■ EXERCISE DIRECTIONS
Write out every record below exactly as it appears.

* * * *

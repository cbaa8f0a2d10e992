-- ===== src/Examples/Letters.antt =====
-- The queue of failed transactions at concrete inputs.
use pod_backend.Common.{
  ℕ, ◌≤◌, ◌≡◌, refl, Bool, true, false, some, List, [], ◌∷◌, codes, ℤ, pos, min, All, count_if, ok,
  arith, text_eq, int_eq, ℕ_discrete, ℤ_discrete, Text_discrete, mul_int64, add_int64, keep_if,
}
use pod_backend.Entity.DeadLetter.{
  parse_error, persistence_error, DeadLetterEntry, validate, can_retry, mark_retrying,
  schedule_next_retry, backoff,
}
use pod_backend.DeadLetterTable.{
  Table, Server, is_open_for, is_known, find_row, conflicts, inserted, insert_row, create,
  change_row, update, update_status, get_by_transaction_hash,
}
use pod_backend.DeadLetterTable.Queries.{is_older, is_ready, get_pending_for_retry}
use pod_backend.DeadLetterTable.Histories.{
  Statement, creates, increments, execute, execute_all, execute_all-WellFormed, empty_table,
  empty_table-WellFormed, one_open_entry,
}
use pod_backend.DeadLetterTable.Stats.{DlqStats, get_stats, is_exhausted}
use pod_backend.DeadLetterQueue.{
  StoreFailedTransactionResult, FailedTransaction, already_pending, queued,
  default_dlq_base_backoff, pending_dlq_resolution_notes, new_entry,
  new_store_failed_transaction_result, report, store_failed_transaction, mark_retry_attempt,
  mark_resolved, mark_failed, check_duplicate,
}
use pod_backend.DeadLetterQueue.Attempts.{attempts, Counts, attempts_run_out}
use pod_backend.DeadLetterQueue.Resolving.{check_duplicate-closed}
use pod_backend.DeadLetterQueue.Retries.{
  is_eligible, schedule_next_retry-delay, get_pending_for_retry-eligible,
}
use pod_backend.DeadLetterQueue.Storing.{
  Accepted, StoreCases, first_entry, store_failed_transaction-cases, store_again,
}
use pod_backend.Sorting.{sort_stable, IsSorted}

-- A server that takes every row.
abbrev pub server : ℕ → Server
server now = record { now = now; reachable = true; fits = λ _. true }

abbrev pub tx : FailedTransaction
tx = record { hash = codes "ab"; lt = codes "7"; serialized = some (codes "{}") }

abbrev pub base : ℤ
base = default_dlq_base_backoff

abbrev letter : DeadLetterEntry
letter = first_entry (server 10) base tx (codes "bad") parse_error

-- What a run of the queue computes through.
unfoldable queueing : Bool
unfolding first_entry new_entry pending_dlq_resolution_notes schedule_next_retry backoff mul_int64
    add_int64 validate can_retry mark_retrying find_row conflicts inserted insert_row create
    change_row update update_status get_by_transaction_hash get_pending_for_retry is_ready
    is_exhausted new_store_failed_transaction_result report store_failed_transaction
    mark_retry_attempt mark_resolved mark_failed check_duplicate execute execute_all get_stats
    count_if keep_if sort_stable attempts ℕ_discrete ℤ_discrete Text_discrete
queueing = true

-- Two inserts of one transaction, and a retry of the first.
abbrev statements : List (Server × Statement)
statements =
    (server 10, creates letter)
    ∷ (server 20, creates letter)
    ∷ (server 30, increments (pos 1) (pos 40))
    ∷ []

one_open_entry_example :
    count_if (is_open_for tx.hash tx.lt) (execute_all empty_table statements).rows ≤ 1
one_open_entry_example = one_open_entry statements tx.hash tx.lt

accepted : Accepted (server 10) empty_table base tx (codes "bad") parse_error
accepted = record {
  answers = refl;
  has_hash = refl;
  has_lt = refl;
  has_message = refl;
  fits_row = refl;
  started = omega arith;
}

abbrev one_letter : Table
one_letter = execute_all empty_table ((server 10, creates letter) ∷ [])

accepted_again : Accepted (server 20) one_letter base tx (codes "worse") persistence_error
unfolding queueing
accepted_again = record {
  answers = refl;
  has_hash = refl;
  has_lt = refl;
  has_message = refl;
  fits_row = refl;
  started = omega arith;
}

abbrev first_report : StoreFailedTransactionResult
first_report =
    new_store_failed_transaction_result queued
      (some (record letter { id = pos 1; created_at = 10 }))

stored_once :
    store_failed_transaction (server 10) empty_table base tx (codes "bad") parse_error
    ≡ some (one_letter, ok first_report)
unfolding queueing
stored_once = refl

store_failed_transaction-cases_example :
    StoreCases (server 10) empty_table base tx (codes "bad") parse_error
store_failed_transaction-cases_example =
    store_failed_transaction-cases (server 10) empty_table base tx (codes "bad") parse_error
      accepted

store_again_example :
    (r' : StoreFailedTransactionResult) × (store_failed_transaction
        (server 20)
        one_letter
        base
        tx
        (codes "worse")
        persistence_error
      ≡ some (record one_letter { next_id = 3 }, ok r'))
    × (r'.outcome ≡ already_pending)
    × (r'.entry_id ≡ pos 1)
unfolding queueing
store_again_example =
    store_again (server 10) (server 20) empty_table one_letter base tx (codes "bad") (codes "worse")
      parse_error persistence_error first_report accepted stored_once accepted_again

abbrev row : DeadLetterEntry
row = inserted 10 1 letter

found : find_row (is_open_for tx.hash tx.lt) one_letter.rows ≡ some row
unfolding queueing
found = refl

abbrev closed : Table
closed = (mark_resolved (server 40) one_letter (pos 1) (codes "done")).0

resolves : mark_resolved (server 40) one_letter (pos 1) (codes "done") ≡ (closed, ok tt)
unfolding queueing
resolves = refl

check_duplicate-closed_example : check_duplicate (server 50) closed tx.hash tx.lt ≡ ok false
unfolding inserted
check_duplicate-closed_example =
    check_duplicate-closed (server 40) (server 50) one_letter closed tx.hash tx.lt (codes "done")
      row false (execute_all-WellFormed empty_table _ empty_table-WellFormed) refl found resolves

-- The third retry comes twenty minutes later.
schedule_next_retry-delay_example :
    schedule_next_retry 10 base (record letter { retry_count = pos 2 })
    ≡ some (record letter { retry_count = pos 2; next_retry_at = some (pos 1200000000010) })
schedule_next_retry-delay_example =
    schedule_next_retry-delay 10 300000000000 2 (record letter { retry_count = pos 2 }) refl
      (omega arith) (omega arith)

abbrev three_times : List Server
three_times = server 20 ∷ server 30 ∷ server 40 ∷ []

row-Counts : Counts 0 3 row
unfolding queueing
row-Counts = record { counted = refl; allowed = refl; still_open = refl }

attempts_run_out_example :
    (t' : Table) × (e' : DeadLetterEntry) × (attempts base three_times one_letter row
      ≡ some (t', e'))
    × (can_retry e' ≡ false)
attempts_run_out_example =
    attempts_run_out base three_times one_letter 0 3 row (omega arith) row-Counts

abbrev late : ℕ
late = 300000000010

abbrev stats : DlqStats
stats = record {
  pending_count = 1;
  retrying_count = 0;
  resolved_count = 0;
  failed_count = 0;
  total_count = 1;
  parse_error_count = 1;
  persistence_error_count = 0;
  validation_error_count = 0;
  unknown_error_count = 0;
  ready_for_retry_count = 1;
  exhausted_retry_count = 0;
  oldest_pending = some 10;
  next_scheduled_retry_at = some (pos 300000000010);
}

stats_at : get_stats (server late) one_letter ≡ ok stats
unfolding queueing
stats_at = refl

ready_at : get_pending_for_retry (server late) one_letter (pos 5) ≡ ok (row ∷ [])
unfolding queueing
ready_at = refl

rows_in_check : All (λ e. is_known e.status) one_letter.rows
unfolding queueing
rows_in_check = (refl, tt)

get_pending_for_retry-eligible_example :
    All (is_eligible late) (row ∷ []) × IsSorted is_older (row ∷ []) × (1 ≡ min 5 1)
get_pending_for_retry-eligible_example =
    get_pending_for_retry-eligible (server late) one_letter 5 (row ∷ []) stats rows_in_check
      ready_at stats_at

* * * *

■ TASK ANSWER
repository cbaa8f0a2d10e992
-- ===== src/Examples/Letters.antt =====
-- The queue of failed transactions at concrete inputs.
use pod_backend.Common.{
  ℕ, ◌≤◌, ◌≡◌, refl, Bool, true, false, some, List, [], ◌∷◌, codes, ℤ, pos, min, All, count_if, ok,
  arith, text_eq, int_eq, ℕ_discrete, ℤ_discrete, Text_discrete, mul_int64, add_int64, keep_if,
}
use pod_backend.Entity.DeadLetter.{
  parse_error, persistence_error, DeadLetterEntry, validate, can_retry, mark_retrying,
  schedule_next_retry, backoff,
}
use pod_backend.DeadLetterTable.{
  Table, Server, is_open_for, is_known, find_row, conflicts, inserted, insert_row, create,
  change_row, update, update_status, get_by_transaction_hash,
}
use pod_backend.DeadLetterTable.Queries.{is_older, is_ready, get_pending_for_retry}
use pod_backend.DeadLetterTable.Histories.{
  Statement, creates, increments, execute, execute_all, execute_all-WellFormed, empty_table,
  empty_table-WellFormed, one_open_entry,
}
use pod_backend.DeadLetterTable.Stats.{DlqStats, get_stats, is_exhausted}
use pod_backend.DeadLetterQueue.{
  StoreFailedTransactionResult, FailedTransaction, already_pending, queued,
  default_dlq_base_backoff, pending_dlq_resolution_notes, new_entry,
  new_store_failed_transaction_result, report, store_failed_transaction, mark_retry_attempt,
  mark_resolved, mark_failed, check_duplicate,
}
use pod_backend.DeadLetterQueue.Attempts.{attempts, Counts, attempts_run_out}
use pod_backend.DeadLetterQueue.Resolving.{check_duplicate-closed}
use pod_backend.DeadLetterQueue.Retries.{
  is_eligible, schedule_next_retry-delay, get_pending_for_retry-eligible,
}
use pod_backend.DeadLetterQueue.Storing.{
  Accepted, StoreCases, first_entry, store_failed_transaction-cases, store_again,
}
use pod_backend.Sorting.{sort_stable, IsSorted}

-- A server that takes every row.
abbrev pub server : ℕ → Server
server now = record { now = now; reachable = true; fits = λ _. true }

abbrev pub tx : FailedTransaction
tx = record { hash = codes "ab"; lt = codes "7"; serialized = some (codes "{}") }

abbrev pub base : ℤ
base = default_dlq_base_backoff

abbrev letter : DeadLetterEntry
letter = first_entry (server 10) base tx (codes "bad") parse_error

-- What a run of the queue computes through.
unfoldable queueing : Bool
unfolding first_entry new_entry pending_dlq_resolution_notes schedule_next_retry backoff mul_int64
    add_int64 validate can_retry mark_retrying find_row conflicts inserted insert_row create
    change_row update update_status get_by_transaction_hash get_pending_for_retry is_ready
    is_exhausted new_store_failed_transaction_result report store_failed_transaction
    mark_retry_attempt mark_resolved mark_failed check_duplicate execute execute_all get_stats
    count_if keep_if sort_stable attempts ℕ_discrete ℤ_discrete Text_discrete
queueing = true

-- Two inserts of one transaction, and a retry of the first.
abbrev statements : List (Server × Statement)
statements =
    (server 10, creates letter)
    ∷ (server 20, creates letter)
    ∷ (server 30, increments (pos 1) (pos 40))
    ∷ []

one_open_entry_example :
    count_if (is_open_for tx.hash tx.lt) (execute_all empty_table statements).rows ≤ 1
one_open_entry_example = one_open_entry statements tx.hash tx.lt

accepted : Accepted (server 10) empty_table base tx (codes "bad") parse_error
accepted = record {
  answers = refl;
  has_hash = refl;
  has_lt = refl;
  has_message = refl;
  fits_row = refl;
  started = omega arith;
}

abbrev one_letter : Table
one_letter = execute_all empty_table ((server 10, creates letter) ∷ [])

accepted_again : Accepted (server 20) one_letter base tx (codes "worse") persistence_error
unfolding queueing
accepted_again = record {
  answers = refl;
  has_hash = refl;
  has_lt = refl;
  has_message = refl;
  fits_row = refl;
  started = omega arith;
}

abbrev first_report : StoreFailedTransactionResult
first_report =
    new_store_failed_transaction_result queued
      (some (record letter { id = pos 1; created_at = 10 }))

stored_once :
    store_failed_transaction (server 10) empty_table base tx (codes "bad") parse_error
    ≡ some (one_letter, ok first_report)
unfolding queueing
stored_once = refl

store_failed_transaction-cases_example :
    StoreCases (server 10) empty_table base tx (codes "bad") parse_error
store_failed_transaction-cases_example =
    store_failed_transaction-cases (server 10) empty_table base tx (codes "bad") parse_error
      accepted

store_again_example :
    (r' : StoreFailedTransactionResult) × (store_failed_transaction
        (server 20)
        one_letter
        base
        tx
        (codes "worse")
        persistence_error
      ≡ some (record one_letter { next_id = 3 }, ok r'))
    × (r'.outcome ≡ already_pending)
    × (r'.entry_id ≡ pos 1)
unfolding queueing
store_again_example =
    store_again (server 10) (server 20) empty_table one_letter base tx (codes "bad") (codes "worse")
      parse_error persistence_error first_report accepted stored_once accepted_again

abbrev row : DeadLetterEntry
row = inserted 10 1 letter

found : find_row (is_open_for tx.hash tx.lt) one_letter.rows ≡ some row
unfolding queueing
found = refl

abbrev closed : Table
closed = (mark_resolved (server 40) one_letter (pos 1) (codes "done")).0

resolves : mark_resolved (server 40) one_letter (pos 1) (codes "done") ≡ (closed, ok tt)
unfolding queueing
resolves = refl

check_duplicate-closed_example : check_duplicate (server 50) closed tx.hash tx.lt ≡ ok false
unfolding inserted
check_duplicate-closed_example =
    check_duplicate-closed (server 40) (server 50) one_letter closed tx.hash tx.lt (codes "done")
      row false (execute_all-WellFormed empty_table _ empty_table-WellFormed) refl found resolves

-- The third retry comes twenty minutes later.
schedule_next_retry-delay_example :
    schedule_next_retry 10 base (record letter { retry_count = pos 2 })
    ≡ some (record letter { retry_count = pos 2; next_retry_at = some (pos 1200000000010) })
schedule_next_retry-delay_example =
    schedule_next_retry-delay 10 300000000000 2 (record letter { retry_count = pos 2 }) refl
      (omega arith) (omega arith)

abbrev three_times : List Server
three_times = server 20 ∷ server 30 ∷ server 40 ∷ []

row-Counts : Counts 0 3 row
unfolding queueing
row-Counts = record { counted = refl; allowed = refl; still_open = refl }

attempts_run_out_example :
    (t' : Table) × (e' : DeadLetterEntry) × (attempts base three_times one_letter row
      ≡ some (t', e'))
    × (can_retry e' ≡ false)
attempts_run_out_example =
    attempts_run_out base three_times one_letter 0 3 row (omega arith) row-Counts

abbrev late : ℕ
late = 300000000010

abbrev stats : DlqStats
stats = record {
  pending_count = 1;
  retrying_count = 0;
  resolved_count = 0;
  failed_count = 0;
  total_count = 1;
  parse_error_count = 1;
  persistence_error_count = 0;
  validation_error_count = 0;
  unknown_error_count = 0;
  ready_for_retry_count = 1;
  exhausted_retry_count = 0;
  oldest_pending = some 10;
  next_scheduled_retry_at = some (pos 300000000010);
}

stats_at : get_stats (server late) one_letter ≡ ok stats
unfolding queueing
stats_at = refl

ready_at : get_pending_for_retry (server late) one_letter (pos 5) ≡ ok (row ∷ [])
unfolding queueing
ready_at = refl

rows_in_check : All (λ e. is_known e.status) one_letter.rows
unfolding queueing
rows_in_check = (refl, tt)

get_pending_for_retry-eligible_example :
    All (is_eligible late) (row ∷ []) × IsSorted is_older (row ∷ []) × (1 ≡ min 5 1)
get_pending_for_retry-eligible_example =
    get_pending_for_retry-eligible (server late) one_letter 5 (row ∷ []) stats rows_in_check
      ready_at stats_at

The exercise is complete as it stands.